Like I said, because this most recent issue was cleared up relatively quickly, you may not have even noticed anything was wrong. But this does bring up a question that is far too often overlooked on the Web: How much are you relying on other people’s code?

Seriously, take a second to think about it. How many third-party APIs are integrated into your website, app or even mobile app? How many different companies are you relying on to give your users the best experience possible? And is it really worth the risk of having one of them take down your entire site just so people can easily share your content on Facebook? It really is a risk vs. benefit conundrum. If you don’t rely on at least a few third parties to provide that extra value to your users, your content can’t be easily shared.

Trust me, I know it’s extremely difficult not to rely on at least a few external companies to provide that extra value to your users. I’m not advocating for anyone to stop integrating other people’s code into their own. What I’m saying is that there are ways to protect your app from unnecessary outages, while still providing your users with the value from another site.

  • Make sure you’re using the latest third-party APIs that are non-blocking or asynchronous
  • Limit, as much as possible, third-party calls from your mobile site
  • If possible, turn off third-party content when they’re under heavy load
  • Code defensively so you can gracefully take another path when the first one fails. 

In addition to the suggestions above, it’s worth setting up API monitoring so you can track those behaviours in production. You may find one API is less reliable than others or responds more slowly, which can lead you to swap it out – after all, your loyalty needs to be to your own customers and their experience with your site. At the very least, monitoring the third-party connections you’ve added will alert you to problems like the ones Facebook Connect had before your users start tweeting about it.

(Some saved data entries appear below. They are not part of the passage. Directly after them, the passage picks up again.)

-- ===== src/Mapping/Bridge/Execution.antt =====
-- The commands of AYLink.Web/src/features/inputMapping/inputMappingCommandBridge.ts.
use aylink_extra.Prelude.{
  ℕ, ◌+◌, List, [], ◌∷◌, ◌++◌, Bool, true, false, Option, none, some, if◌then◌else◌, ◌==◌,
}
use aylink_extra.Prelude.Int.{pos}
use aylink_extra.Prelude.Text.{String}
use aylink_extra.Prelude.Entries.{get_entry}
use aylink_extra.Prelude.Numbers.{Numbers}
use aylink_extra.Mapping.Commands.{
  Touch, InputMappingCommand, touch, touch_repeat, stop_touch_repeat, hid_key_command,
  hid_mouse_button_command, hid_mouse_wheel, is_nonempty,
}
use aylink_extra.Mapping.Bridge.{
  InputMappingCommandBridge, Senders, Sent, sent_key, sent_button, sent_wheel, Timer, delayed,
  tap_once, lift, send_touch, stop_repeat, start_repeat, tap, lift_up, get_pointer_generation,
  bump_pointer_generation, release_pointer_key_internal, clear_timer, set_timer,
}

module _ (n : Numbers) (senders : Senders n) where
  open n use {Num, int, lt}

  abbrev pub send : Sent n → InputMappingCommandBridge n → InputMappingCommandBridge n × Bool
  send message s =
      let log = s.sent ++ message ∷ [] in (record s { sent = log }, senders.accepts log)

  unfoldable pub execute_touch :
      Touch n → InputMappingCommandBridge n → InputMappingCommandBridge n × Bool
  execute_touch t s =
      let d = send_touch n senders t.phase t.pointer_key t.point t.pressure s in
      (d, senders.accepts d.sent)

  unfoldable pub execute_now :
      InputMappingCommand n → InputMappingCommandBridge n → InputMappingCommandBridge n × Bool
  execute_now (touch t) s = execute_touch t s
  execute_now (hid_key_command phase code) s = send (sent_key phase code) s
  execute_now (hid_mouse_button_command phase button) s = send (sent_button phase button) s
  execute_now (hid_mouse_wheel delta_y) s = send (sent_wheel delta_y) s
  execute_now (touch_repeat pointer_key point interval_ms down_ms) s =
      (start_repeat n senders pointer_key point s, true)
  execute_now (stop_touch_repeat pointer_key) s = (stop_repeat n senders pointer_key s, true)

  -- `command.delayMs` is a delay: it is given and above 0.
  abbrev pub has_delay : Option Num → Bool
  has_delay none = false
  has_delay (some delay_ms) = lt (int (pos 0)) delay_ms

  abbrev pub delay_touch : Touch n → InputMappingCommandBridge n → InputMappingCommandBridge n
  delay_touch t s = record (set_timer n (delayed t (get_pointer_generation n t.pointer_key s)) s) {
    pending_command_handles = s.next_timer ∷ s.pending_command_handles;
  }

  unfoldable pub execute_one :
      InputMappingCommand n → InputMappingCommandBridge n → InputMappingCommandBridge n × Bool
  execute_one (touch t) s =
      if has_delay t.delay_ms then (delay_touch t s, true) else execute_touch t s
  execute_one (hid_key_command phase code) s = execute_now (hid_key_command phase code) s
  execute_one (hid_mouse_button_command phase button) s =
      execute_now (hid_mouse_button_command phase button) s
  execute_one (hid_mouse_wheel delta_y) s = execute_now (hid_mouse_wheel delta_y) s
  execute_one (touch_repeat pointer_key point interval_ms down_ms) s =
      execute_now (touch_repeat pointer_key point interval_ms down_ms) s
  execute_one (stop_touch_repeat pointer_key) s = execute_now (stop_touch_repeat pointer_key) s

  pub record InputMappingCommandBridgeResult : Type 0 where
    pub handled : Bool
    pub sent : ℕ
    pub failed : List (InputMappingCommand n)

  unfoldable pub execute_all :
      List (InputMappingCommand n)
      → InputMappingCommandBridge n
      → InputMappingCommandBridge n × ℕ × List (InputMappingCommand n)
  execute_all [] s = (s, 0, [])
  execute_all (command ∷ rest) s =
      let done = execute_one command s in
      let others = execute_all rest done.0 in
      (
        others.0,
        if done.1 then others.1 + 1 else others.1,
        if done.1 then others.2 else command ∷ others.2,
      )

  unfoldable pub execute :
      List (InputMappingCommand n)
      → InputMappingCommandBridge n
      → InputMappingCommandBridge n × InputMappingCommandBridgeResult
  execute commands s =
      let done = execute_all commands s in
      (done.0, record { handled = is_nonempty commands; sent = done.1; failed = done.2 })

  abbrev pub delete_handle : ℕ → List ℕ → List ℕ
  delete_handle handle [] = []
  delete_handle handle (h ∷ hs) =
      let rest = delete_handle handle hs in if h == handle then rest else h ∷ rest

  -- A timer of the window calls back; one that repeats stays.
  abbrev pub call_back :
      (handle : ℕ) → Option (Timer n) → InputMappingCommandBridge n → InputMappingCommandBridge n
  call_back handle none s = s
  call_back handle (some (delayed t generation)) s =
      let fired = record (clear_timer n (some handle) s) {
        pending_command_handles = delete_handle handle s.pending_command_handles;
      } in
      if get_pointer_generation n t.pointer_key s == generation
      then (execute_touch t fired).0
      else fired
  call_back handle (some (tap_once state pointer_key point)) s =
      tap n senders state pointer_key point s
  call_back handle (some (lift state pointer_key point)) s =
      lift_up n senders state pointer_key point (clear_timer n (some handle) s)

  unfoldable pub fire : (handle : ℕ) → InputMappingCommandBridge n → InputMappingCommandBridge n
  fire handle s = call_back handle (s.timers handle) s

  abbrev pub clear_handles : List ℕ → InputMappingCommandBridge n → InputMappingCommandBridge n
  clear_handles [] s = s
  clear_handles (handle ∷ rest) s = clear_handles rest (clear_timer n (some handle) s)

  abbrev pub stop_all :
      List (String × ℕ) → InputMappingCommandBridge n → InputMappingCommandBridge n
  stop_all [] s = s
  stop_all ((pointer_key, state) ∷ rest) s = stop_all rest (stop_repeat n senders pointer_key s)

  unfoldable pub clear_pending_commands : InputMappingCommandBridge n → InputMappingCommandBridge n
  clear_pending_commands s =
      stop_all s.repeat_states
        (record (clear_handles s.pending_command_handles s) { pending_command_handles = [] })

  unfoldable pub clear_pointer_keys : InputMappingCommandBridge n → InputMappingCommandBridge n
  clear_pointer_keys s = record (clear_pending_commands s) {
    pointer_ids = [];
    pointer_generations = [];
  }

  unfoldable pub release_pointer_key :
      String → InputMappingCommandBridge n → InputMappingCommandBridge n
  release_pointer_key pointer_key s =
      release_pointer_key_internal n pointer_key none (bump_pointer_generation n pointer_key s)

  unfoldable pub get_pointer_id : String → InputMappingCommandBridge n → Option ℕ
  get_pointer_id pointer_key s = get_entry pointer_key s.pointer_ids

One other way to protect yourself is to code defensively so if a third-party API fails, your app continues to function. For example, if Facebook Connect goes down, can you revert to your own authentication and just do without the additional Facebook sharing benefits for that period of time? Monitoring real production behavior gives you the data you need to know where you need to build that defensive code.

All of this comes down to one thing: time. Of course, given enough time, everyone would test and monitor all of their own APIs and all of the external APIs that are integrated with their software. But think about it, if you don’t have time to test all your code and monitor all of your APIs, what makes you think the team that wrote the external API you’re using has time to do it?

Are you really willing to jeapordize the quality of your code? Shouldn’t that be the No. 1 priority: putting out high quality, valuable software. Not to mention that, by prioritizing today using real data from your production system and weighing the risk vs. reward based on your user’s experience, you may save yourself a lot of time and agony in the future.